Attorneys John Muller of the Indianapolis firm Montross Miller Muller Mendelson & Kennedy, and Michael Stephenson of McNeely Stephenson Thopy & Harrold in Shelbyville, filed an objection on Sept. 11 to reduction of the jury's verdict on behalf of Timothy W. Plank in Marion Circuit Court. Plank's wife, Debra, died following surgery at Community North Hospital in Indianapolis.

She went to the hospital's emergency room three times complaining of abdominal pains, and was admitted Nov. 13, 2001. The hospital misplaced an X-ray that showed a small bowel obstruction. Her treating doctors didn't know of the obstruction. When surgery was finally performed, the surgeon discovered part of her intestines had died. Debra was put on life support and died Dec. 1, 2001.

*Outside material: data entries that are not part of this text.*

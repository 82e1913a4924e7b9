-- ===== src/Facet/Range.antt =====
-- What the range iterator finds in a level whose entries are disjoint and in order.
use milli.Base.{
  ℕ, ◌≤◌, ◌<◌, Bool, true, false, ◌&&◌, List, [], ◌∷◌, none, some, if◌then◌else◌, ◌≡◌, refl, arith,
  All, Bool-cases, ◌⊎◌, inl, inr, subst, sym, ◌∙◌,
}
use milli.Facet.{
  f64_min, f64_max, Bound, included, excluded, unbounded, Entry, filter, take_while, starts, ends,
  must_be_returned, number_range, last_right, found_bounds,
}

module _ {D : Type 0} where
  -- `e` is one of the entries.
  abbrev pub In : Entry D → List (Entry D) → Type 0
  In e [] = ⊥
  In e (f ∷ entries) = (e ≡ f) ⊎ In e entries

  abbrev pub Fits : Entry D → Type 0
  Fits e = (e.left ≤ e.right) × (f64_min ≤ e.left) × (e.right ≤ f64_max)

  -- Intervals of finite numbers, each behind the one before it.
  abbrev pub Disjoint : List (Entry D) → Type 0
  Disjoint [] = Unit
  Disjoint (e ∷ entries) = Fits e × All (λ f. e.right < f.left) entries × Disjoint entries

  abbrev pub is_found : ℕ → Bound → Entry D → Bool
  is_found level left e = starts level left e && ends level e

  All-In :
      (P : Entry D → Type 0) (e : Entry D) (entries : List (Entry D))
      → All P entries
      → In e entries
      → P e
  All-In P e [] a h = elim h [ ]
  All-In P e (f ∷ entries) a (inl same) = subst P (sym same) a.0
  All-In P e (f ∷ entries) a (inr later) = All-In P e entries a.1 later

  pub Fits-In : (e : Entry D) (entries : List (Entry D)) → Disjoint entries → In e entries → Fits e
  Fits-In e [] d h = elim h [ ]
  Fits-In e (f ∷ entries) d (inl same) = subst Fits (sym same) d.0
  Fits-In e (f ∷ entries) d (inr later) = Fits-In e entries d.2 later

  -- Two entries are the same, or one lies before the other.
  pub apart :
      (e f : Entry D) (entries : List (Entry D))
      → Disjoint entries
      → In e entries
      → In f entries
      → (e ≡ f) ⊎ ((e.right < f.left) ⊎ (f.right < e.left))
  apart e f [] d h k = elim h [ ]
  apart e f (g ∷ entries) d (inl a) (inl b) = inl (a ∙ sym b)
  apart e f (g ∷ entries) d (inl a) (inr b) = inr (
      inl (
        subst (λ (k : Entry D). k.right < f.left) (sym a)
          (All-In (λ k. g.right < k.left) f entries d.1 b)))
  apart e f (g ∷ entries) d (inr a) (inl b) = inr (
      inr (
        subst (λ (k : Entry D). k.right < e.left) (sym b)
          (All-In (λ k. g.right < k.left) e entries d.1 a)))
  apart e f (g ∷ entries) d (inr a) (inr b) = apart e f entries d.2 a b

  starts-later :
      (level : ℕ) (left : Bound) (e f : Entry D)
      → starts level left e ≡ true
      → e.left < f.left
      → starts level left f ≡ true
  unfolding starts
  starts-later level (included l) e f h lt = ground arith
  starts-later level (excluded l) e f h lt = ground arith
  starts-later level unbounded e f h lt = ground arith

  must_be_returned-earlier :
      (right : Bound) (e f : Entry D)
      → must_be_returned right f ≡ true
      → e.right ≤ f.right
      → must_be_returned right e ≡ true
  unfolding must_be_returned
  must_be_returned-earlier (included r) e f h le = ground arith
  must_be_returned-earlier (excluded r) e f h le = ground arith
  must_be_returned-earlier unbounded e f h le = refl

  ends-Fits : (level : ℕ) (e : Entry D) → Fits e → ends level e ≡ true
  unfolding ends
  ends-Fits level e h = ground arith

  -- One step of a filter, and of a prefix that passes a test.
  In-kept :
      (p : Entry D → Bool) (e f : Entry D) (b : Bool) (rest other entries : List (Entry D))
      → p f ≡ b
      → (In e rest → In e entries × (p e ≡ true))
      → (In e other → In e entries × (p e ≡ true))
      → In e (if b then f ∷ rest else other)
      → In e (f ∷ entries) × (p e ≡ true)
  In-kept p e f true rest other entries test h k (inl same) =
      (inl same, subst (λ g. p g ≡ true) (sym same) test)
  In-kept p e f true rest other entries test h k (inr later) = let (a, b) = h later in (inr a, b)
  In-kept p e f false rest other entries test h k later = let (a, b) = k later in (inr a, b)

  In-filter :
      (p : Entry D → Bool) (e : Entry D) (entries : List (Entry D))
      → In e (filter p entries)
      → In e entries × (p e ≡ true)
  In-filter p e [] h = elim h [ ]
  In-filter p e (f ∷ entries) h =
      In-kept p e f (p f) (filter p entries) (filter p entries) entries refl (In-filter p e entries)
        (In-filter p e entries) h

  In-take_while :
      (p : Entry D → Bool) (e : Entry D) (entries : List (Entry D))
      → In e (take_while p entries)
      → In e entries × (p e ≡ true)
  In-take_while p e [] h = elim h [ ]
  In-take_while p e (f ∷ entries) h =
      In-kept p e f (p f) (take_while p entries) [] entries refl (In-take_while p e entries)
        (λ n. absurd n) h

  -- What is found is an entry of the level within both bounds of the request.
  pub In-number_range :
      (db : ℕ → List (Entry D)) (level : ℕ) (left right : Bound) (e : Entry D)
      → In e (number_range db level left right)
      → In e (db level) × (starts level left e ≡ true) × (must_be_returned right e ≡ true)
  unfolding number_range
  In-number_range db level left right e h =
      let (a, ret) =
        In-take_while (must_be_returned right) e (filter (is_found level left) (db level)) h in
      let (b, start) = In-filter (is_found level left) e (db level) a in (b, ground arith, ret)

  In-scan :
      (level : ℕ) (left right : Bound) (e : Entry D) (entries : List (Entry D))
      → Disjoint entries
      → In e entries
      → starts level left e ≡ true
      → must_be_returned right e ≡ true
      → In e (take_while (must_be_returned right) (filter (is_found level left) entries))
  In-scan level left right e [] d at start ret = elim at [ ]
  In-scan level left right e (f ∷ entries) d (inl same) start ret =
      let here : is_found level left f ≡ true =
        subst (λ g. is_found level left g ≡ true) same
          (ground (arith, ends-Fits level e (subst Fits (sym same) d.0))) in
      let kept : must_be_returned right f ≡ true =
        subst (λ g. must_be_returned right g ≡ true) same ret in
      rw here (rw kept (inl same))
  In-scan level left right e (f ∷ entries) d (inr later) start ret =
      elim (Bool-cases (is_found level left f)) [
        | inr out ↦ rw out (In-scan level left right e entries d.2 later start ret)
        | inl here ↦
            let behind : f.right < e.left = All-In (λ g. f.right < g.left) e entries d.1 later in
            let fits : Fits e = Fits-In e entries d.2 later in
            let kept : must_be_returned right f ≡ true =
              must_be_returned-earlier right f e ret (omega arith) in
            rw here (rw kept (inr (In-scan level left right e entries d.2 later start ret)))
      ]

  -- An entry of the level within both bounds is found.
  pub number_range-In :
      (db : ℕ → List (Entry D)) (level : ℕ) (left right : Bound) (e : Entry D)
      → Disjoint (db level)
      → In e (db level)
      → starts level left e ≡ true
      → must_be_returned right e ≡ true
      → In e (number_range db level left right)
  unfolding number_range
  number_range-In db level left right e d at start ret =
      In-scan level left right e (db level) d at start ret

  -- The last of the entries that were found.
  last_entry :
      (e : Entry D) (found : List (Entry D))
      → (f : Entry D) × In f (e ∷ found) × (f.right ≡ last_right e found)
  unfolding last_right
  last_entry e [] = (e, inl refl, refl)
  last_entry e (f ∷ found) = let (g, at, same) = last_entry f found in (g, inr at, same)

  -- The bounds that were found are those of two entries that were found.
  pub found_bounds-some :
      (found : List (Entry D)) (lf rf : ℕ)
      → found_bounds found ≡ some (lf, rf)
      → (f g : Entry D) × In f found × In g found × (f.left ≡ lf) × (g.right ≡ rf)
  unfolding found_bounds
  found_bounds-some [] lf rf e = cc
  found_bounds-some (f ∷ found) lf rf e =
      let (g, at, same) = last_entry f found in (f, g, inl refl, at, cc, same ∙ (cc))

  pub found_bounds-none :
      (found : List (Entry D)) (e : Entry D) → found_bounds found ≡ none → In e found → ⊥
  unfolding found_bounds
  found_bounds-none [] e h at = at
  found_bounds-none (f ∷ found) e h at = cc

  -- An entry of the level with a number between the bounds that were found is found.
  pub between-In :
      (db : ℕ → List (Entry D)) (level : ℕ) (left right : Bound) (f g e : Entry D) (v : ℕ)
      → Disjoint (db level)
      → In f (number_range db level left right)
      → In g (number_range db level left right)
      → In e (db level)
      → f.left ≤ v
      → v ≤ g.right
      → e.left ≤ v
      → v ≤ e.right
      → In e (number_range db level left right)
  between-In db level left right f g e v d f_at g_at at fv vg ev ve =
      let (f_in, f_start, f_ret) = In-number_range db level left right f f_at in
      let (g_in, g_start, g_ret) = In-number_range db level left right g g_at in
      let f_fits : Fits f = Fits-In f (db level) d f_in in
      let g_fits : Fits g = Fits-In g (db level) d g_in in
      elim (apart e f (db level) d at f_in) [
        | inl same ↦ subst (λ k. In k (number_range db level left right)) (sym same) f_at
        | inr (inl before) ↦ absurd (omega arith)
        | inr (inr after) ↦ elim (apart e g (db level) d at g_in) [
          | inl same ↦ subst (λ k. In k (number_range db level left right)) (sym same) g_at
          | inr (inr past) ↦ absurd (omega arith)
          | inr (inl before) ↦
              number_range-In db level left right e d at
                (starts-later level left f e f_start (omega arith))
                (must_be_returned-earlier right e g g_ret (omega arith))
        ]
      ]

Shortly after his wife's death, the hospital contacted Plank with a customer satisfaction survey and wanted to talk to her about her care in the hospital. He filed suit against the doctor and Community Hospitals of Indiana and won an $8.5 million jury verdict on Sept. 3, 2009. If the jury verdict stands, Plank intends to donate a substantial portion of it to a scholarship in Debra's name, Muller said.

The hospital requested that the jury verdict be reduced to $1.25 million pursuant to Indiana Code 34-18-14-3.

Plank's attorneys contend that the statute violates Section 20 of the Indiana Constitution, which reads "In all civil cases, the right of trial by jury shall remain inviolate," and Section 23, which reads "The General Assembly shall not grant to any citizen, or class of citizens, privileges or immunities upon which, upon the same terms, shall not equally belong to all citizens."

Muller said that there was a 1980 case which challenged the overall constitutionality of the Medical Malpractice Act, but there wasn't a challenge specific to the cap as this case contemplates. In Johnson v. St. Vincent Hospital , 273 Ind. 374, 404 N.E.2d 585 (1980), the Indiana Supreme Court determined the occurrence-based statute of limitations contained in the act was constitutional. In that case, the high court was only asked to decide whether the automatic admission of medical review panel opinions interfered with the judicial power to generally admit evidence.